Obviously, therefore, producers, traders and buyers involved in any chemicals and polymers in Asia should bear this in mind.

To return to PE specifically, on the supply side, according to ICIS:

  • Saudi Polymers brought its 1.1m tonnes/year high-density PE (HDPE) plant back on-stream at Al-Jubail in Saudi Arabia on 4 October. This followed an unscheduled maintenance shutdown which began on 22 September.
  • PTT Global Chemical plans to restart its 300,000 tonnes/year low density PE (LDPE) facility at Map Ta Phut in Thailand in mid-October. The plant has been off-line since early July because of technical issues.
  • But Thai Polyethylene plans to shut its 400,000 tonne/year HDPE plant at Map Ta Phut, Thailand in the second half of November for 30 days of maintenance.
  • And Siam Polyethylene plans to shut its LLDPE facilities, again at Map Ta Phut, in November for a one-month turnaround. The LLDPE facilities consist of two units with a combined capacity of 650,000 tonnes/year.

But we think that all the above supply issues are essentially a distraction for producers interested in proper scenario planning over the next 6-12 months.
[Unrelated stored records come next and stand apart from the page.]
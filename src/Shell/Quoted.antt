-- ===== src/Shell/Quoted.antt =====
-- Every argument can be written in a line so that shell_parse gives it back.
use emos.Base.{
  ℕ, zero, suc, ◌-◌, ◌≤◌, ◌<◌, ◌≡◌, ◌≢◌, refl, Bool, true, false, List, [], ◌∷◌, ◌++◌, some, ◌==◌,
  ltb, ◌||◌, if◌then◌else◌, arith, length, replicate, Bool-cases, inl, inr, ◌∙◌, ap,
}
use emos.Shell.{
  Word, push, kind, Escape, escape, on_escape, on_kind, parse_loop, skip_blanks, argument,
  parse_word, shell_parse,
}

-- A quote or a backslash.
abbrev pub is_special : ℕ → Bool
is_special c = c == b'"' || c == b'\'' || c == b'\\'

-- The bytes with a backslash before each quote and backslash, a closing quote, and the rest.
unfoldable pub escaped : (w rest : List ℕ) → List ℕ
escaped [] rest = b'"' ∷ rest
escaped (c ∷ cs) rest = if is_special c then b'\\' ∷ c ∷ escaped cs rest else c ∷ escaped cs rest

abbrev pub quoted : (w rest : List ℕ) → List ℕ
quoted w rest = b'"' ∷ escaped w rest

-- The line ends here, or goes on with a blank.
abbrev pub ends_word : List ℕ → Bool
ends_word [] = true
ends_word (c ∷ cs) = c == b' ' || c == b'\t'

special-escape : (c : ℕ) → is_special c ≡ true → escape c ≡ Escape.itself
unfolding escape
special-escape c h = ground arith

-- Inside quotes a byte that is not special stands for itself.
on_kind-plain :
    (more : List ℕ → ℕ → ℕ → Word) (c : ℕ) (cs : List ℕ) (b : ℕ)
    → is_special c ≡ false
    → on_kind (kind c) more c cs b b'"' ≡ push b c (more cs (b - 1) b'"')
unfolding on_kind kind
on_kind-plain more c cs b h = ground arith

-- A special byte behind a backslash stands for itself too.
on_kind-special :
    (more : List ℕ → ℕ → ℕ → Word) (c : ℕ) (cs : List ℕ) (b : ℕ)
    → is_special c ≡ true
    → on_kind (kind b'\\') more b'\\' (c ∷ cs) b b'"' ≡ push b c (more cs (b - 1) b'"')
unfolding on_kind kind on_escape
on_kind-special more c cs b h = rw (special-escape c h) refl

parse_loop-rest :
    (n : ℕ) (rest : List ℕ) (b : ℕ)
    → ends_word rest ≡ true
    → parse_loop (suc n) rest b 0 ≡ Word.done rest []
unfolding parse_loop kind on_kind
parse_loop-rest n [] b h = refl
parse_loop-rest n (c ∷ cs) b h = ground arith

push-done :
    (b c : ℕ) (rest bytes : List ℕ)
    → 0 < b
    → push b c (Word.done rest bytes) ≡ Word.done rest (c ∷ bytes)
push-done zero c rest bytes h = absurd (omega arith)
push-done (suc n) c rest bytes h = refl

parse_loop-escaped :
    (n : ℕ) (w rest : List ℕ) (b : ℕ)
    → ends_word rest ≡ true
    → length w ≤ b
    → length (escaped w rest) < n
    → parse_loop n (escaped w rest) b b'"' ≡ Word.done rest w
unfolding escaped parse_loop
parse_loop-escaped zero w rest b e l r = absurd (omega arith)
parse_loop-escaped (suc zero) [] rest b e l r = absurd (omega arith)
parse_loop-escaped (suc (suc n)) [] rest b e l r = parse_loop-rest n rest b e
parse_loop-escaped (suc n) (c ∷ cs) rest b e l r = elim (Bool-cases (is_special c)) [
  | inl s ↦
      let ih = parse_loop-escaped n cs rest (b - 1) e (omega arith) (ground (arith, s, r)) in
      rw s (
        on_kind-special (parse_loop n) c (escaped cs rest) b s
        ∙ ap (push b c) ih
        ∙ push-done b c rest cs (omega arith))
  | inr s ↦
      let ih = parse_loop-escaped n cs rest (b - 1) e (omega arith) (ground (arith, s, r)) in
      rw s (
        on_kind-plain (parse_loop n) c (escaped cs rest) b s
        ∙ ap (push b c) ih
        ∙ push-done b c rest cs (omega arith))
]

skip_blanks-replicate :
    (k c : ℕ) (cs : List ℕ)
    → c ≢ b' '
    → c ≢ b'\t'
    → skip_blanks (replicate k b' ' ++ (c ∷ cs)) ≡ c ∷ cs
unfolding skip_blanks
skip_blanks-replicate zero c cs m n = ground arith
skip_blanks-replicate (suc k) c cs m n = ground (arith, skip_blanks-replicate k c cs m n)

-- Every list of bytes that fits the buffer, written with spaces before it, in double quotes, with a
-- backslash before each quote and backslash, and followed by a blank or the end of the line, is the
-- argument that shell_parse puts into the buffer, with a NUL behind it where there is room, and the
-- line goes on behind the closing quote.
pub shell_parse-quoted :
    (rounds k : ℕ) (w rest : List ℕ) (buflen : ℕ)
    → ends_word rest ≡ true
    → length w ≤ buflen
    → length (quoted w rest) < rounds
    → shell_parse rounds (replicate k b' ' ++ quoted w rest) buflen
      ≡ some (record { line = some rest; bytes = w; terminated = ltb (length w) buflen })
unfolding shell_parse parse_word parse_loop kind on_kind
shell_parse-quoted zero k w rest b e l r = absurd (omega arith)
shell_parse-quoted (suc n) k w rest b e l r =
    rw (skip_blanks-replicate k b'"' (escaped w rest) (ground arith) (ground arith))
      (ap (argument b) (parse_loop-escaped n w rest b e l (omega arith)))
The real issue companies should instead be focusing on is the underlying strength of demand when stock-building has been discounted.

Despite the 14% rise in China’s apparent demand growth (domestic production plus imports) in January-August of this year, it is a worth a reminder that the producers and buyers we have spoken to estimate actual growth at only 3-6% for the full-year 2013.

And so a disorderly de-stocking process, similar to what happened during much of 2011 and 2012 if not on the same scale, is a significant risk – as Paul has pointed out above.

If the November plenum isn’t going to be the trigger for de-stocking, what about the failure of politicians in the US to agree on raising the debt ceiling by October 17?

During our discussions over the last few days, nobody in the PE market has voluntarily raised this issue. And when asked, they have said, “we have no idea about what effect it would have, but we are sure the politicians will reach a deal”.

It is very hard to plan for something that has never happened before, but it is still vital to have a go.

We will look at the debt-ceiling issue in more detail later this week – if a deal still hasn’t been reached, of course!!